Route Supression Problem

Unless useful to others, feel free to just reply off-list.

Background:

Tuesday (yesterday) morning around 1am, I got a phone call from one of my
transit customers(which seems more like a dream). I, sadly, didn't have the
router they are on logging to a server, so it's impossible for me to see
exactly what happened. Here's what I have. They received a minor spike in
traffic going to them. My router shows the last BGP peer reset about that
time, so this could be me sending the global table. His bandwidth then drops
to 0 for almost exactly 30 minutes (MRTG isn't an exactly graph). My guess
(authoratative answer) was the customer flapped their routes once too many
times and was suppressed by both of my providers, as I seem to recall the
penalty heal rate is in 30 minute increments.

First issue is, am I right? If I am, then I need to develop ways to limit
the damage done to my customer. Is there a way to setup route supression
just under what most people use so that I can have client fix the problem
and then clear the suppress on my network to allow them to come back up
immediately just under the suppress threshold? Another possibility, although
I've not seen reference to it, since the customer only transits through my
network and depends on my redundancy, is it possible to hold his routes in
the tables and keep advertising them out unless they are down for a set time
period (ie, ignore flaps, but drop them if he's down 15-30 minutes)?

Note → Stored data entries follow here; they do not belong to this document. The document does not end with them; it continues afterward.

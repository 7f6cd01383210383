-- ===== src/WriteOp/Flight/Numbers.antt =====
-- The run number never falls, and an answer to a task of an older run changes nothing
-- (web/src/lib/api/writeOp.ts).
use zte_u60_pro_mu5250_manag.Common.{
  ℕ, zero, suc, ◌+◌, ◌≤◌, ◌≡◌, ◌≢◌, Bool, false, Option, none, length, ◌-◌, arith,
}
use zte_u60_pro_mu5250_manag.WriteOp.State.{WriteOpState, WriteOpEvent, During}
use zte_u60_pro_mu5250_manag.WriteOp.Reducer.{write_op_reducer}
use zte_u60_pro_mu5250_manag.WriteOp.Controller.{
  WriteOpConfig, Ctl, Task, Outcome, Loop, Mode, task_run, dispatch, probe_loop, run_verify,
  after_settle, during, finish_steps, steps_from, run_steps, wait_arg,
}
use zte_u60_pro_mu5250_manag.WriteOp.Resume.{
  resume_step, resume_verify, after_failed_verify, resume_sleep, resume_probe, resume_loop_verify,
  resume, step_failure, verify_failure, loop_recovery, probe_answer,
}
use zte_u60_pro_mu5250_manag.WriteOp.Runs.{run_id-reducer}

-- The run number does not fall, and the page still holds the operation as before.
abbrev pub Grows : Ctl → Ctl × Option Task → Type 0
Grows c r = (c.state.run_id ≤ r.0.state.run_id) × (r.0.attached ≡ c.attached)

run_id-le : (s : WriteOpState) (e : WriteOpEvent) → s.run_id ≤ (write_op_reducer s e).run_id
run_id-le s e = (run_id-reducer s e).0

pub run_verify-Grows : (c : Ctl) → Grows c (run_verify c)
unfolding run_verify
run_verify-Grows c = ground arith

probe_loop-Grows : (m : Mode) (c : Ctl) (now : ℕ) → Grows c (probe_loop m c now)
unfolding probe_loop
probe_loop-Grows m c now = ground arith

after_settle-Grows :
    (rerun : Ctl → Ctl × Option Task) (c : Ctl) (prev now : ℕ)
    → Grows c (rerun c)
    → Grows c (after_settle rerun c prev now)
unfolding after_settle
after_settle-Grows rerun c prev now h = ground (
  arith,
  run_verify-Grows c,
  probe_loop-Grows Mode.wait c now,
  probe_loop-Grows Mode.reconfirm c now,
)

dispatch_then :
    (c : Ctl) (e : WriteOpEvent) (r : Ctl × Option Task) → Grows (dispatch c e) r → Grows c r
dispatch_then c e r h = omega (arith, run_id-le c.state e)

steps_from-Grows :
    (k : WriteOpConfig) (r : ℕ) (c : Ctl) (now i left : ℕ) → Grows c (steps_from k r c now i left)
unfolding steps_from finish_steps
steps_from-Grows k r c now i zero =
    let e = WriteOpEvent.steps_done now k.has_verify (wait_arg c) in
    let same : Grows (dispatch c e) (dispatch c e, none) = omega arith in
    dispatch_then c e (finish_steps k r c now)
      (after_settle-Grows (λ d. (d, none)) (dispatch c e) r now same)
steps_from-Grows k r c now i (suc left) =
    ground (
      arith,
      steps_from-Grows k r c now (i + 1) left,
      run_id-le c.state (WriteOpEvent.step_start i),
    )

pub run_steps-Grows : (c : Ctl) (now : ℕ) → Grows c (run_steps c now)
unfolding run_steps
run_steps-Grows c now = grind (arith, steps_from-Grows)

resume_step-Grows :
    (k : WriteOpConfig) (r i : ℕ) (c : Ctl) (o : Outcome) (now : ℕ)
    → Grows c (resume_step k r i c o now)
unfolding resume_step
resume_step-Grows k r i c (Outcome.gives v) now = ground (
  arith,
  steps_from-Grows k r (dispatch c (WriteOpEvent.step_ok i)) now (i + 1) (length k.steps - (i + 1)),
  run_id-le c.state (WriteOpEvent.step_ok i),
)
resume_step-Grows k r i c (Outcome.throws x) now =
    let d = dispatch c (WriteOpEvent.step_error (step_failure c i x now)) in
    ground (
      arith,
      after_settle-Grows (λ q. run_steps q now) d r now (run_steps-Grows d now),
      run_id-le c.state (WriteOpEvent.step_error (step_failure c i x now)),
    )

resume_verify-Grows :
    (r a : ℕ) (c : Ctl) (o : Outcome) (now : ℕ) → Grows c (resume_verify r a c o now)
unfolding resume_verify after_failed_verify
resume_verify-Grows r a c (Outcome.gives v) now =
    ground (arith, run_id-le c.state (WriteOpEvent.verify_result v))
resume_verify-Grows r a c (Outcome.throws e) now =
    let failed = WriteOpEvent.verify_error (verify_failure e During.verify) in
    ground
      (arith, run_id-le c.state failed, probe_loop-Grows Mode.reconfirm (dispatch c failed) now)

resume_loop_verify-Grows : (l : Loop) (c : Ctl) (o : Outcome) → Grows c (resume_loop_verify l c o)
unfolding resume_loop_verify
resume_loop_verify-Grows l c (Outcome.gives v) =
    ground (arith, run_id-le c.state (WriteOpEvent.verify_result v))
resume_loop_verify-Grows l c (Outcome.throws e) =
    ground (arith, run_id-le c.state (WriteOpEvent.verify_error (verify_failure e (during l.mode))))

resume_sleep-Grows : (l : Loop) (c : Ctl) (now : ℕ) → Grows c (resume_sleep l c now)
unfolding resume_sleep
resume_sleep-Grows l c now =
    ground (arith, run_id-le c.state (WriteOpEvent.wait_timeout (loop_recovery l.cfg)))

resume_probe-Grows : (l : Loop) (c : Ctl) (up : Bool) → Grows c (resume_probe l c up)
unfolding resume_probe
resume_probe-Grows l c up = ground (
  arith,
  run_id-le c.state (WriteOpEvent.probe false),
  run_id-le c.state (WriteOpEvent.back false),
)

pub resume-Grows : (t : Task) (c : Ctl) (o : Outcome) (now : ℕ) → Grows c (resume t c o now)
unfolding resume
resume-Grows (Task.step_running k r i) c o now = resume_step-Grows k r i c o now
resume-Grows (Task.verify_running r a) c o now = resume_verify-Grows r a c o now
resume-Grows (Task.loop_sleeping l) c o now = resume_sleep-Grows l c now
resume-Grows (Task.loop_probing l) c o now = resume_probe-Grows l c (probe_answer o)
resume-Grows (Task.loop_verifying l) c o now = resume_loop_verify-Grows l c o

-- The end of a task of another run is dropped.
pub resume_stale :
    (t : Task) (c : Ctl) (o : Outcome) (now : ℕ)
    → task_run t ≢ c.state.run_id
    → resume t c o now ≡ (c, none)
unfolding resume
resume_stale (Task.step_running k r i) c (Outcome.gives v) now h = ground arith
resume_stale (Task.step_running k r i) c (Outcome.throws e) now h = ground arith
resume_stale (Task.verify_running r a) c (Outcome.gives v) now h = ground arith
resume_stale (Task.verify_running r a) c (Outcome.throws e) now h = ground arith
resume_stale (Task.loop_sleeping l) c o now h = ground arith
resume_stale (Task.loop_probing l) c o now h = ground arith
resume_stale (Task.loop_verifying l) c (Outcome.gives v) now h = ground arith
resume_stale (Task.loop_verifying l) c (Outcome.throws e) now h = ground arith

I've never seen this issue. I was aware supression was possible when I first
started learning BGP, and so I have never risked bouncing my peers more than
three times in a day, and at that point usually quit playing until the next
week. When my peers flap due to DDOS attacks, BGP never stabalizes fully or
my providers have protected my networks (though I haven't seen how 69.8/18
will react in this scenario which doesn't have a shorter prefix at the
peer).

My customer is thinking of multi-homing again after this. Of course, it
wouldn't have saved the customer. The reason they left multi-homing is that
their network is in the same building and they only have one BGP router. I
don't think multiple paths would have saved them.

Opinions? Suggestions? Options?

-Jack

~We now return you to the 69/8 threads

traffic going to them. My router shows the last BGP peer reset about that
time, so this could be me sending the global table. His bandwidth then drops
to 0 for almost exactly 30 minutes (MRTG isn't an exactly graph). My guess
(authoratative answer) was the customer flapped their routes once too many
times and was suppressed by both of my providers, as I seem to recall the
penalty heal rate is in 30 minute increments.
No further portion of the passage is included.